PROVIDED DATA ->
◆ ◆ ◆

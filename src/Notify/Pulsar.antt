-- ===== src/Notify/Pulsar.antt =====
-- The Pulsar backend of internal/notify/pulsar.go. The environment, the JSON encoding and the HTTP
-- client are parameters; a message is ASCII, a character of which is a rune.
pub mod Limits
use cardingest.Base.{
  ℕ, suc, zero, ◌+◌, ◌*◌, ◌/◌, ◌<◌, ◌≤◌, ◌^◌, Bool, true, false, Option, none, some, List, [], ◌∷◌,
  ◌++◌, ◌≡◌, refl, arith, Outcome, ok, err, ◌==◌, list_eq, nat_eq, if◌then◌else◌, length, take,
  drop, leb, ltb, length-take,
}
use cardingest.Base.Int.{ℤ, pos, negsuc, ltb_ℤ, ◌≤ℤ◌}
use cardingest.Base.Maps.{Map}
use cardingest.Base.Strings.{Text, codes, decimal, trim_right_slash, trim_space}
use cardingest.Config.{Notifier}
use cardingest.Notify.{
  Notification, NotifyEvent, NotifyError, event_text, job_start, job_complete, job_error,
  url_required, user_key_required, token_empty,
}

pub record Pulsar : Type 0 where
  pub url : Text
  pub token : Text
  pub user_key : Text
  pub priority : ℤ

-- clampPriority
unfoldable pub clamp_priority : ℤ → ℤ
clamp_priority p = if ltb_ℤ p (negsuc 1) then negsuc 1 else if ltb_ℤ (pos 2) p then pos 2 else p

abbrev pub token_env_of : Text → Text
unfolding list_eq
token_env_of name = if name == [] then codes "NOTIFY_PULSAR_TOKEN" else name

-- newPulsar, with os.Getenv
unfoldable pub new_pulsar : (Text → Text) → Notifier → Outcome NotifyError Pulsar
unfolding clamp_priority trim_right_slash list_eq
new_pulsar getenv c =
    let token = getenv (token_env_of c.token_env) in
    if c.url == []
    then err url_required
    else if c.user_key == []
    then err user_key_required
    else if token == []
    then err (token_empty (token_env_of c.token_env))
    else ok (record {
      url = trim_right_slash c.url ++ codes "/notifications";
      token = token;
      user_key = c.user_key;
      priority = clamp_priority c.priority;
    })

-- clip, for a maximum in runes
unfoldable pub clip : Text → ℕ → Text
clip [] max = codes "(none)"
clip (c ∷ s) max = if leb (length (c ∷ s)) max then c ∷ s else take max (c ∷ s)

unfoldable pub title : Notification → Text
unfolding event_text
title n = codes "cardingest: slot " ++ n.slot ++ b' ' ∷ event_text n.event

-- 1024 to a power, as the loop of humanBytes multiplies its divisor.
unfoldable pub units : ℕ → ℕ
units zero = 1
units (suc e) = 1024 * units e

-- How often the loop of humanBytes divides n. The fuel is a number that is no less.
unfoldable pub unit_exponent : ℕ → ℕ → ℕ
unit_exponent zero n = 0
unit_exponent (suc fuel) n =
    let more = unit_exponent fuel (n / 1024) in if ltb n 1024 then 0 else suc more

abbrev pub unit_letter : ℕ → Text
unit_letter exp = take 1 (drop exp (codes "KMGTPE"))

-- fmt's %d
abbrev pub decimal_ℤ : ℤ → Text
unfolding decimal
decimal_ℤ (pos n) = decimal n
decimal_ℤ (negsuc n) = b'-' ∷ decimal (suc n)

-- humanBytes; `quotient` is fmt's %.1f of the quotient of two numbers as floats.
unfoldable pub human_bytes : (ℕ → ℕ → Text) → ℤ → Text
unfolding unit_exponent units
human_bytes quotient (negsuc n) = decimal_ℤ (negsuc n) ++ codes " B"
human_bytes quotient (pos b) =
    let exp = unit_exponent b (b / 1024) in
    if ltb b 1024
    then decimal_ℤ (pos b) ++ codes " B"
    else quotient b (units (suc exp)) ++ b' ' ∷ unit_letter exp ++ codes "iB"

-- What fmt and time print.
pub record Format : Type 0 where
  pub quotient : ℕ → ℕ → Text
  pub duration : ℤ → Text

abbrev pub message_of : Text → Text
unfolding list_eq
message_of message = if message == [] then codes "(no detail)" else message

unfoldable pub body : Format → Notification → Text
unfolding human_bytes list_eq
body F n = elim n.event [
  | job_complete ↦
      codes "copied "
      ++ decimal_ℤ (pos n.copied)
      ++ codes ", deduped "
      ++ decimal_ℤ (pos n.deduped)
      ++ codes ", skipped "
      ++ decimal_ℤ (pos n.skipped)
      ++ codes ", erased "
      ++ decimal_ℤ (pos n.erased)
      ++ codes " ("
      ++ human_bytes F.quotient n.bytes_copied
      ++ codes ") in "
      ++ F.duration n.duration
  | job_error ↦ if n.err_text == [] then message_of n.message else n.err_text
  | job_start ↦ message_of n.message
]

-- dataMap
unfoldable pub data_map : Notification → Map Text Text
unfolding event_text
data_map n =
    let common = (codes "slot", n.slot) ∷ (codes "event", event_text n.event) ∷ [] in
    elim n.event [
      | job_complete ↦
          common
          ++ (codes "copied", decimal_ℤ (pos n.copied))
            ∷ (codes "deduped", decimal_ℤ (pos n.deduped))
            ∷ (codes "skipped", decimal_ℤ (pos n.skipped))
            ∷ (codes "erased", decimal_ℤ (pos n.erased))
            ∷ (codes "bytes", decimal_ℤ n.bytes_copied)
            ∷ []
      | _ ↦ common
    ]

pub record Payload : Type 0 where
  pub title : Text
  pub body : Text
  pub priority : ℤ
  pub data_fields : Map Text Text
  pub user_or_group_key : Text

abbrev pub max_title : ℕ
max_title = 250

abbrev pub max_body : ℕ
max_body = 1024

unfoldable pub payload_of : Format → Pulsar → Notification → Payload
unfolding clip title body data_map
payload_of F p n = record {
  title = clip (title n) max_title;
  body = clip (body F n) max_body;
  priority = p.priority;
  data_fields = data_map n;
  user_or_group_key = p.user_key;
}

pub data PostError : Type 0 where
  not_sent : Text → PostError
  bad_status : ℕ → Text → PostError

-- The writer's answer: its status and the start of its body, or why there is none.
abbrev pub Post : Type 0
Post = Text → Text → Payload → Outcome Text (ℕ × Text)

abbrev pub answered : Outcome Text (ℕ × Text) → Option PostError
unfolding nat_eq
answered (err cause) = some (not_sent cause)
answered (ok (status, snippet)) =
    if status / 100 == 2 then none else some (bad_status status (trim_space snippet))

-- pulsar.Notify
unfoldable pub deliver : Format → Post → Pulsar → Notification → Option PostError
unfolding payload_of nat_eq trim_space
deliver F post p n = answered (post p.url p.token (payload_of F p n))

◆ ◆ ◆

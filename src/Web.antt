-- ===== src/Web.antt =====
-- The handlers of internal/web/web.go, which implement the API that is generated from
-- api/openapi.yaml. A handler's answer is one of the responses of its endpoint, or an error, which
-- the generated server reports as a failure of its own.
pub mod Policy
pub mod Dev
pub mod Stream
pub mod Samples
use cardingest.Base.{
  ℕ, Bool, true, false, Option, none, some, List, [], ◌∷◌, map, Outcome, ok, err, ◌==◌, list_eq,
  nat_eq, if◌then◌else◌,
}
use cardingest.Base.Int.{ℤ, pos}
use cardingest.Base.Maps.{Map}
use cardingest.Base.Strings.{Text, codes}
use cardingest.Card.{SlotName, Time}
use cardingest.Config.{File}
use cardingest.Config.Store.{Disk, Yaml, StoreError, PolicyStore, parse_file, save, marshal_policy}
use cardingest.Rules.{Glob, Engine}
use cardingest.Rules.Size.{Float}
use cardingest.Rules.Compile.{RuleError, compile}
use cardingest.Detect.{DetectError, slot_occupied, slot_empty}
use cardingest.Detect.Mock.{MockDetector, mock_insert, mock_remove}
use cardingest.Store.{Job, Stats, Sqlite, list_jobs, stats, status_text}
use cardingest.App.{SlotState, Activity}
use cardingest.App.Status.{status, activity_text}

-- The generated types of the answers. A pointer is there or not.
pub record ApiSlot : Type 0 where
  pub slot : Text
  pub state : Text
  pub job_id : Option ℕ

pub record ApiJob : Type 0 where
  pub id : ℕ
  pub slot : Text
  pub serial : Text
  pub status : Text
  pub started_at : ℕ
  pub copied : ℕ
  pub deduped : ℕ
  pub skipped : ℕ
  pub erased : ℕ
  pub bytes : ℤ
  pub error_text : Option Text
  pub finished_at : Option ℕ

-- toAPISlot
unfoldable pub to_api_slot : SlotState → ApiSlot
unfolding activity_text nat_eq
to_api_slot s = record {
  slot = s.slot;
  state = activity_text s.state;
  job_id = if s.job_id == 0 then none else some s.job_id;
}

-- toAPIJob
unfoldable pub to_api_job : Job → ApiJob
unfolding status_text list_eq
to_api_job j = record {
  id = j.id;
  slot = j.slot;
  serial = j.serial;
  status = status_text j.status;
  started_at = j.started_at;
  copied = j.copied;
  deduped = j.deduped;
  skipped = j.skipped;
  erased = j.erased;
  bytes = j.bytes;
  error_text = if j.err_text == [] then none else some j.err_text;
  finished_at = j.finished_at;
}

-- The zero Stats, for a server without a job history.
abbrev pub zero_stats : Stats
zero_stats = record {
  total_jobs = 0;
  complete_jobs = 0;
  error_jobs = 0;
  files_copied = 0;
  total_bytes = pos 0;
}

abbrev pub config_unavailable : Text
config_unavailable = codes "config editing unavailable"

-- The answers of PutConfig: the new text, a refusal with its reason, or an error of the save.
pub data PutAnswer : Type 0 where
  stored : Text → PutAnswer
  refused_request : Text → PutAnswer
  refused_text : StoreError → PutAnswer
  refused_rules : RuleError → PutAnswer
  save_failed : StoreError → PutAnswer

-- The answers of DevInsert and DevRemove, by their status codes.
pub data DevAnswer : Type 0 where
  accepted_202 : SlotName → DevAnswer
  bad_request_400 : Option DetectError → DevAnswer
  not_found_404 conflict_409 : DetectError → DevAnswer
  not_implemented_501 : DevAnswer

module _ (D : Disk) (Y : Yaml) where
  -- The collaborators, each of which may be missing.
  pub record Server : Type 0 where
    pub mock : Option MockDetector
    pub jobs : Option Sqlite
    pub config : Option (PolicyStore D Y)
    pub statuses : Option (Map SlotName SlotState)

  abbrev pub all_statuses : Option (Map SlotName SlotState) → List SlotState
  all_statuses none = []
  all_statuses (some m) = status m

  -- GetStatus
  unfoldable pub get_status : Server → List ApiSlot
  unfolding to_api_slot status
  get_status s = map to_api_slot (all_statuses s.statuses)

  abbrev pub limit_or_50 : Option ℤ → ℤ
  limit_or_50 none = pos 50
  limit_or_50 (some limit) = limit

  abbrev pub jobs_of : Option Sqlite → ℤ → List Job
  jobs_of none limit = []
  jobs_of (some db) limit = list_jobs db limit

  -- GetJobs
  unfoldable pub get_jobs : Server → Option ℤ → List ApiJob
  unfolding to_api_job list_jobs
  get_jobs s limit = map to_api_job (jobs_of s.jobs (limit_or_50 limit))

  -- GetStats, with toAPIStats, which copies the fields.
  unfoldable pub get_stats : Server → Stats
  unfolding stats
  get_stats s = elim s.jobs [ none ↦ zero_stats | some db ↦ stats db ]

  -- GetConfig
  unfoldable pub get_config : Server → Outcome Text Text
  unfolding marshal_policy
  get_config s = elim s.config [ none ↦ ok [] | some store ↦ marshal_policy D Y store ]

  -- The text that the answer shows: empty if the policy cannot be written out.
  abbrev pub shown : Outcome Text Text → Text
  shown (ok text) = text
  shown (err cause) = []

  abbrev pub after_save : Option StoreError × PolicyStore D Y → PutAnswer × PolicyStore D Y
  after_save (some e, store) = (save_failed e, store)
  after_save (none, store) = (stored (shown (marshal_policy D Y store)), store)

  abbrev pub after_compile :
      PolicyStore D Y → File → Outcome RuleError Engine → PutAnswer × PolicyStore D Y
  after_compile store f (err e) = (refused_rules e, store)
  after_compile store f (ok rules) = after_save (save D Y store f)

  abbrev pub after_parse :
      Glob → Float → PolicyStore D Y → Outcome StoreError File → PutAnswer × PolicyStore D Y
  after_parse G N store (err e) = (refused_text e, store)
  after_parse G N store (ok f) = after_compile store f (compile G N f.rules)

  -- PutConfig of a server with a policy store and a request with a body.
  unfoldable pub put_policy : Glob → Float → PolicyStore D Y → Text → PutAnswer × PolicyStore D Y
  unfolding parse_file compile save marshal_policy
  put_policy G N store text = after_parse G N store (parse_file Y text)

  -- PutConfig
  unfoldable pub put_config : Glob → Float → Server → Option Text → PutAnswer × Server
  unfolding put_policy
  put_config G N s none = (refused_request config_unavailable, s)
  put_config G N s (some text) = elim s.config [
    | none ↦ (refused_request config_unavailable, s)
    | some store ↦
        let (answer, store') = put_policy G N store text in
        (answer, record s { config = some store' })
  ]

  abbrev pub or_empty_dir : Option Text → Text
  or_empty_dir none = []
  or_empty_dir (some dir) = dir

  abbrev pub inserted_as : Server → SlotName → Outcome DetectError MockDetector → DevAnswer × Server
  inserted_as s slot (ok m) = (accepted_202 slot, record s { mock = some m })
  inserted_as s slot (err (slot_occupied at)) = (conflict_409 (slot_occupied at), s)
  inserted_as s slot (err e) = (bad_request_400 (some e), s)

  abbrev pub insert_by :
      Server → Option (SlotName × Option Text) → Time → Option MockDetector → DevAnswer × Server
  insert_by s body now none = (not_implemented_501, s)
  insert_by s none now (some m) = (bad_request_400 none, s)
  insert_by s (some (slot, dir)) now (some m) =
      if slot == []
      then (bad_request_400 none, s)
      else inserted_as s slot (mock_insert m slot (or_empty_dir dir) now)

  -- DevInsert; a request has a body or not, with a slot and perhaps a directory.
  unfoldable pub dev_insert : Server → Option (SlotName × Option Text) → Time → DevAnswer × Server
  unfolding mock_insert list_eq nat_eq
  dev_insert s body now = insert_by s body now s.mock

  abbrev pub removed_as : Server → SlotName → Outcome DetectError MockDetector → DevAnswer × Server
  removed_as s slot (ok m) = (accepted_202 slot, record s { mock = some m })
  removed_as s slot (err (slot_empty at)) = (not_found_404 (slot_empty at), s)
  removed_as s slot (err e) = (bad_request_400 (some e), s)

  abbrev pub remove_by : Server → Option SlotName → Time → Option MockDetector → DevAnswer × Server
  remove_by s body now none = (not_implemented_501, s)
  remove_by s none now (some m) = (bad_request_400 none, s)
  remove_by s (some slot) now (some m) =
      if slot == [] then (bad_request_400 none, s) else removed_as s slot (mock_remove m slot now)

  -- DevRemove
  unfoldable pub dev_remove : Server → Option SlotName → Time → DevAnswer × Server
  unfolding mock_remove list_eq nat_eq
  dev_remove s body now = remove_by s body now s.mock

◆ ◆ ◆

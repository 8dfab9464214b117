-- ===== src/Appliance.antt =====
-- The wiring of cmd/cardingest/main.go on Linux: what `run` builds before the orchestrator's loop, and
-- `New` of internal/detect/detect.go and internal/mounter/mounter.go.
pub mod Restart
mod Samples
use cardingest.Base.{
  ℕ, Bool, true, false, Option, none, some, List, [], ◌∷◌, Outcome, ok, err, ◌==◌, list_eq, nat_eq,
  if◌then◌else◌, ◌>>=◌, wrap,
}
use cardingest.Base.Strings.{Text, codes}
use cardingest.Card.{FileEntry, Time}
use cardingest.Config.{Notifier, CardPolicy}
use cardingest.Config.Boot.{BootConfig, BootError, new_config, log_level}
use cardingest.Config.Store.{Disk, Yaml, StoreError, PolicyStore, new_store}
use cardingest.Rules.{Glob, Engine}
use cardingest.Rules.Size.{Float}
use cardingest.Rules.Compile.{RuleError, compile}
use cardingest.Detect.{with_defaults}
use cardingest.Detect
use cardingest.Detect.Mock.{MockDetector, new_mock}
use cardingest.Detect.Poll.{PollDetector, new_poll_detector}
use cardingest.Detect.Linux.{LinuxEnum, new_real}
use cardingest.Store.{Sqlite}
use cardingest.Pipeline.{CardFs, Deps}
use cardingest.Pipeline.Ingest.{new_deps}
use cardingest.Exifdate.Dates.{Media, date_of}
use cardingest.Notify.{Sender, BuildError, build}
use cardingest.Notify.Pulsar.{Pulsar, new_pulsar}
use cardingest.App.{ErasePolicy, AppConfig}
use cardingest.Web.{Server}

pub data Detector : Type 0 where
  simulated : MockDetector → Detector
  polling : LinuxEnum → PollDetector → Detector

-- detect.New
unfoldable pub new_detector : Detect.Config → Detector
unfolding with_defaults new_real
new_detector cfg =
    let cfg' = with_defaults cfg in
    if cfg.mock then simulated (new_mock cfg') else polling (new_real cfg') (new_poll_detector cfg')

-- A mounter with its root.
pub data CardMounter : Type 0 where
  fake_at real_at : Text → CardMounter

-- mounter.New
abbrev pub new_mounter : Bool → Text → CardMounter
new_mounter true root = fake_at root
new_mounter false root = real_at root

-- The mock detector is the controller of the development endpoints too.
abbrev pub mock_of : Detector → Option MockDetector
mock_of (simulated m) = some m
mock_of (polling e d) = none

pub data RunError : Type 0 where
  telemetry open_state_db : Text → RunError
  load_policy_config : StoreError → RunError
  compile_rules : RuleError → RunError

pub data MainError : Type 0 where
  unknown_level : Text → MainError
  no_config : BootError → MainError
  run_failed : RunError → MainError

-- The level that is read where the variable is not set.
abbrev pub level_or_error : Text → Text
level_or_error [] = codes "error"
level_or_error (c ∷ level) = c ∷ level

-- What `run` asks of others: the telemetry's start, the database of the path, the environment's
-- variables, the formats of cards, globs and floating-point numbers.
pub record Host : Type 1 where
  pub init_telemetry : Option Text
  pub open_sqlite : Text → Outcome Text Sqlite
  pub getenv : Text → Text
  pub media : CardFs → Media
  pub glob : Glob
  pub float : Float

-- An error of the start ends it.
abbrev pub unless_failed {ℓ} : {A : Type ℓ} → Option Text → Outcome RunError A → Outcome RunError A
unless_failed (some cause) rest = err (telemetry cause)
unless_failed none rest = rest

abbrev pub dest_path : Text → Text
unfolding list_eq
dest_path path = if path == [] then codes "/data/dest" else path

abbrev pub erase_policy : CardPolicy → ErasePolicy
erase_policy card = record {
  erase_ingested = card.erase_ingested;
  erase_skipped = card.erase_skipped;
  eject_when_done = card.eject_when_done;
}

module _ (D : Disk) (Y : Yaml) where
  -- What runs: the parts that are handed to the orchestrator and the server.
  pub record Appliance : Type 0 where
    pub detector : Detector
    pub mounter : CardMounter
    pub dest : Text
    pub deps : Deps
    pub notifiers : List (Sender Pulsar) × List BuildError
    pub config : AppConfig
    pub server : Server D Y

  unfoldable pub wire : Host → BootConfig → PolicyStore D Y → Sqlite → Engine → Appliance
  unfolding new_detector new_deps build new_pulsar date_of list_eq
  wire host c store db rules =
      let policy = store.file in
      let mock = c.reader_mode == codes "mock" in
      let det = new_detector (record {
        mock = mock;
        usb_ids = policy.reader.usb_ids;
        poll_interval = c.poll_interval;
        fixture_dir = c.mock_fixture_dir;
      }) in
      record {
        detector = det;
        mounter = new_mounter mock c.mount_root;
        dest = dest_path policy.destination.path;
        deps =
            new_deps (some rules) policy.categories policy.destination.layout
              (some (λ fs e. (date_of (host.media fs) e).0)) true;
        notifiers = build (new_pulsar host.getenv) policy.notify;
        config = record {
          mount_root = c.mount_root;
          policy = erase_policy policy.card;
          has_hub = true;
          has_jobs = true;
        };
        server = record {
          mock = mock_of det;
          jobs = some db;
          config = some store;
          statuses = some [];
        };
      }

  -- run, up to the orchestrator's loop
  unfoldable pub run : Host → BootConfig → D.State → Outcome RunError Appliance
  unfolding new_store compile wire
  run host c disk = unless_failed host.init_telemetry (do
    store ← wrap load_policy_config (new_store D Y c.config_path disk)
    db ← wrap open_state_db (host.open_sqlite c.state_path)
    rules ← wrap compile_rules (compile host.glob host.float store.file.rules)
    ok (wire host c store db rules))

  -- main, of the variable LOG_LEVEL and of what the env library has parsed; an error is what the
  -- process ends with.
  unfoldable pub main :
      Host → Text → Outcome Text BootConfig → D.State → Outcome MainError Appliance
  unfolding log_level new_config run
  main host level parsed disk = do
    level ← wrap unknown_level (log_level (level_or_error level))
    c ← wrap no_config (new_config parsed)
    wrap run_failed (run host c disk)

◆ ◆ ◆

TASK TO CARRY OUT ->
Reproduce all lines from the records above that include the word "common".

ANSWER SECTION ->
    let common = (codes "slot", n.slot) ∷ (codes "event", event_text n.event) ∷ [] in
          common
      | _ ↦ common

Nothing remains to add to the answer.